Exercise data:
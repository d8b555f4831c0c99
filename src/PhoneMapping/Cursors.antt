-- ===== src/PhoneMapping/Cursors.antt =====
-- A cursor hands out, in pages of eight, exactly the numbers that its visitor has before it.
use lnr_high_performance.Base.{
  ℕ, suc, zero, ◌+◌, ◌≤◌, ◌<◌, ◌≡◌, ◌≢◌, refl, sym, ap, ◌∙◌, Option, none, some, List, [], ◌∷◌,
  ◌++◌, map, arith, length, get_elem?, get_or, take, drop, take-append-drop, ◌==◌, ne→==_false, Run,
  done, no_fuel, ◌>>=◌, Bool-cases, inl, inr, ==_iff, if◌then◌else◌, ltb, lt→ltb,
}
use native.Mathlib.Numerals.{add-one}
use lnr_high_performance.PhoneMapping.Lookup.{get_rns-find}
use lnr_high_performance.PhoneMapping.Rows.{or_none}
use lnr_high_performance.PhoneMapping.{
  Data, PhoneList, Visitor, inverse_rn, row, Cursor, PhoneMapping, refill, fetch, advance_cursor,
  advance, current_pn, current_rn,
}
use lnr_high_performance.Vendor.{Folly}

-- the numbers that a visitor has before it
abbrev pub Pending : List PhoneList → Visitor → List ℕ → Type 0
Pending column (inverse_rn it end) [] = it ≡ end
Pending column (row it end) [] = it ≡ end
Pending column (inverse_rn it end) (x ∷ xs) =
    (it ≢ end)
    × (c : PhoneList) × (get_elem? column it ≡ some c)
    × (c.phone ≡ x)
    × Pending column (inverse_rn c.next end) xs
Pending column (row it end) (x ∷ xs) =
    (it ≢ end)
    × (c : PhoneList) × (get_elem? column it ≡ some c)
    × (c.phone ≡ x)
    × Pending column (row (it + 1) end) xs

-- One `refill` takes as many numbers as there is room for, and leaves the others before it.
pub refill-Pending :
    (room : ℕ) (column : List PhoneList) (xs : List ℕ) (v : Visitor)
    → Pending column v xs
    → (v' : Visitor) × (refill room column v ≡ done (take room xs, v'))
      × Pending column v' (drop room xs)
unfolding refill
refill-Pending zero column xs v h = (v, refl, h)
refill-Pending (suc room) column [] (inverse_rn it end) h =
    (inverse_rn it end, rw ((==_iff it end).1 h, refill), h)
refill-Pending (suc room) column [] (row it end) h =
    (row it end, rw ((==_iff it end).1 h, refill), h)
refill-Pending (suc room) column (x ∷ xs) (inverse_rn it end) (ne, c, e, p, h) =
    let (v', run, later) = refill-Pending room column xs (inverse_rn c.next end) h in
    (v', rw (ne→==_false it end ne, e, run, p, refill), later)
refill-Pending (suc room) column (x ∷ xs) (row it end) (ne, c, e, p, h) =
    let (v', run, later) = refill-Pending room column xs (row (it + 1) end) h in
    (v', rw (ne→==_false it end ne, e, run, p, refill), later)

-- the loop of a client, `for (; db.hasRow(); db.advance())`, over the rows that it sees
module _ (F : Folly ℕ) (prefetch : ℕ) where
  unfoldable pub drain : ℕ → PhoneMapping F → Run (List (ℕ × ℕ))
  drain zero m = no_fuel
  drain (suc fuel) m = elim m.cursor [
    | none ↦ done []
    | some c ↦ advance F prefetch m >>= λ (m' : PhoneMapping F).
        drain fuel m' >>= λ (rest : List (ℕ × ℕ)). done ((current_pn c, current_rn c) ∷ rest)
  ]

module _ (F : Folly ℕ) (d : Data F) where
  abbrev pub rn_of : ℕ → ℕ
  rn_of pn = or_none (F.find pn d.dict)

  -- a cursor that stands on the first of the numbers `xs`
  pub record Stands (c : Cursor) (xs : List ℕ) : Type 0 where
    pub rest : List ℕ
    pub pending : Pending d.pn_column c.visitor rest
    pub rns : c.rn ≡ map rn_of c.pn
    pub inside : c.pos < length c.pn
    pub before : xs ≡ drop c.pos c.pn ++ rest

  -- the cursor of a mapping has the numbers `xs` to hand out
  abbrev pub Left : Option Cursor → List ℕ → Type 0
  Left none xs = xs ≡ []
  Left (some c) xs = Stands c xs

drop_cons {ℓ} :
    {A : Type ℓ} (xs : List A) (i : ℕ) (a : A)
    → i < length xs
    → drop i xs ≡ get_or xs i a ∷ drop (suc i) xs
drop_cons [] i a h = absurd (omega arith)
drop_cons (x ∷ xs) zero a h = refl
drop_cons (x ∷ xs) (suc i) a h = drop_cons xs i a (omega arith)

drop_all {ℓ} : {A : Type ℓ} (n : ℕ) (xs : List A) → length xs ≤ n → drop n xs ≡ []
drop_all zero [] h = refl
drop_all zero (x ∷ xs) h = absurd (omega arith)
drop_all (suc n) [] h = refl
drop_all (suc n) (x ∷ xs) h = drop_all n xs (omega arith)

get_or-map :
    (f : ℕ → ℕ) (xs : List ℕ) (i : ℕ) → i < length xs → get_or (map f xs) i 0 ≡ f (get_or xs i 0)
get_or-map f [] i h = absurd (omega arith)
get_or-map f (x ∷ xs) zero h = refl
get_or-map f (x ∷ xs) (suc i) h = get_or-map f xs i (omega arith)

module _ (F : Folly ℕ) (prefetch : ℕ) (pos : 0 < prefetch) (d : Data F) where
  -- A page is fetched with no read outside the column; it is empty only if nothing is left.
  fetch-Pending :
      (v : Visitor) (xs : List ℕ)
      → Pending d.pn_column v xs
      → (v' : Visitor) × (fetch F prefetch d v
          ≡ done
              (record { visitor = v'; pn = take 8 xs; rn = map (rn_of F d) (take 8 xs); pos = 0 }))
        × Pending d.pn_column v' (drop 8 xs)
  unfolding fetch
  fetch-Pending v xs h =
      let (v', run, later) = refill-Pending 8 d.pn_column xs v h in
      (v', rw (run, get_rns-find F prefetch d (take 8 xs) pos), later)

  pub fetch-Stands :
      (v : Visitor) (x : ℕ) (xs : List ℕ)
      → Pending d.pn_column v (x ∷ xs)
      → (c : Cursor) × (fetch F prefetch d v ≡ done c) × Stands F d c (x ∷ xs)
  fetch-Stands v x xs h =
      let (v', run, later) = fetch-Pending v (x ∷ xs) h in
      (
        record {
          visitor = v';
          pn = take 8 (x ∷ xs);
          rn = map (rn_of F d) (take 8 (x ∷ xs));
          pos = 0;
        },
        run,
        record {
          rest = drop 8 (x ∷ xs);
          pending = later;
          rns = refl;
          inside = omega arith;
          before = sym (take-append-drop 8 (x ∷ xs));
        },
      )

  Stands-nonempty : (c : Cursor) → ¬ Stands F d c []
  Stands-nonempty c s = cc (s.before ∙ ap (λ ys. ys ++ s.rest) (drop_cons c.pn c.pos 0 s.inside))

  -- what `advance` makes of a page that was just fetched
  abbrev keep : Cursor → Run (PhoneMapping F)
  keep c = done (record { content = d; cursor = if length c.pn == 0 then none else some c })

  fetch-Left :
      (v : Visitor) (xs : List ℕ)
      → Pending d.pn_column v xs
      → (o : Option Cursor) × ((fetch F prefetch d v >>= keep)
          ≡ done (record { content = d; cursor = o }))
        × Left F d o xs
  fetch-Left v [] h = let (v', run, later) = fetch-Pending v [] h in (none, rw run, refl)
  fetch-Left v (x ∷ xs) h =
      let (c, run, s) = fetch-Stands v x xs h in
      (
        some c,
        rw run (
            ap (λ b. done (record { content = d; cursor = if b then none else some c }))
              (ne→==_false (length c.pn) 0 (omega (arith, s.inside)))),
        s,
      )

  -- A standing cursor shows its first number with the routing number of the map, and `advance`
  -- moves it to the others, or drops it after the last.
  pub advance-Left :
      (c : Cursor) (x : ℕ) (xs : List ℕ)
      → Stands F d c (x ∷ xs)
      → (o : Option Cursor) × (advance F prefetch (record { content = d; cursor = some c })
          ≡ done (record { content = d; cursor = o }))
        × (current_pn c ≡ x)
        × (current_rn c ≡ rn_of F d x)
        × Left F d o xs
  unfolding advance advance_cursor current_pn current_rn
  advance-Left c x xs s =
      let split : x ∷ xs ≡ get_or c.pn c.pos 0 ∷ (drop (suc c.pos) c.pn ++ s.rest) =
        s.before ∙ ap (λ ys. ys ++ s.rest) (drop_cons c.pn c.pos 0 s.inside) in
      let first : get_or c.pn c.pos 0 ≡ x = cc in
      let others : xs ≡ drop (suc c.pos) c.pn ++ s.rest = cc in
      let routed : get_or c.rn c.pos 0 ≡ rn_of F d x =
        rw (s.rns, get_or-map (rn_of F d) c.pn c.pos s.inside, first) in
      elim (Bool-cases (c.pos + 1 == length c.pn)) [
        | inl last ↦
            let end : length c.pn ≤ suc c.pos = ground arith in
            let (o, run, left) = fetch-Left c.visitor s.rest s.pending in
            (o, rw last run, first, routed, rw (others, drop_all (suc c.pos) c.pn end) left)
        | inr more ↦ (
          some (record c { pos = c.pos + 1 }),
          rw more (
              ap
                (λ b. done (record {
                  content = d;
                  cursor = if b then none else some (record c { pos = c.pos + 1 });
                }))
                (ne→==_false (length c.pn) 0 (omega (arith, s.inside)))),
          first,
          routed,
          record {
            rest = s.rest;
            pending = s.pending;
            rns = s.rns;
            inside = ground arith;
            before = rw add-one others;
          },
        )
      ]

  -- A client's loop ends, and sees each number with its routing number, in order.
  pub drain-Left :
      (xs : List ℕ) (o : Option Cursor) (fuel : ℕ)
      → Left F d o xs
      → length xs < fuel
      → drain F prefetch fuel (record { content = d; cursor = o })
        ≡ done (map (λ x. (x, rn_of F d x)) xs)
  unfolding drain
  drain-Left xs o zero h f = absurd (omega arith)
  drain-Left xs none (suc fuel) h f = rw h
  drain-Left [] (some c) (suc fuel) h f = absurd (Stands-nonempty c h)
  drain-Left (x ∷ xs) (some c) (suc fuel) h f =
      let (o, run, a, b, later) = advance-Left c x xs h in
      rw (run, drain-Left xs o fuel later (omega arith), a, b)

  abbrev opened : Cursor → Run (PhoneMapping F)
  opened c = done (record { content = d; cursor = some c })

  abbrev closed : Run (PhoneMapping F)
  closed = done (record { content = d; cursor = none })

  -- opening a cursor on the entries between two places of the column
  pub open_inverse :
      (b e : ℕ) (xs : List ℕ)
      → Pending d.pn_column (inverse_rn b e) xs
      → (o : Option Cursor) × ((if b == e
            then closed
            else (fetch F prefetch d (inverse_rn b e) >>= opened))
          ≡ done (record { content = d; cursor = o }))
        × Left F d o xs
  open_inverse b e [] h = (none, rw ((==_iff b e).1 h), refl)
  open_inverse b e (x ∷ xs) h =
      let (c, run, s) = fetch-Stands (inverse_rn b e) x xs h in
      (some c, rw (ne→==_false b e h.0, run), s)

  -- opening a cursor on all the rows
  pub open_rows :
      (n : ℕ) (xs : List ℕ)
      → Pending d.pn_column (row 0 n) xs
      → (o : Option Cursor) × ((if ltb 0 n
            then (fetch F prefetch d (row 0 n) >>= opened)
            else closed)
          ≡ done (record { content = d; cursor = o }))
        × Left F d o xs
  open_rows n [] h = (none, rw (← h), refl)
  open_rows n (x ∷ xs) h =
      let (c, run, s) = fetch-Stands (row 0 n) x xs h in
      (some c, rw (lt→ltb 0 n (omega (arith, h.0)), run), s)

Problem to work on:
Copy all lines of the records that have the string "client" in them.

Response to the task:
-- the loop of a client, `for (; db.hasRow(); db.advance())`, over the rows that it sees
  -- A client's loop ends, and sees each number with its routing number, in order.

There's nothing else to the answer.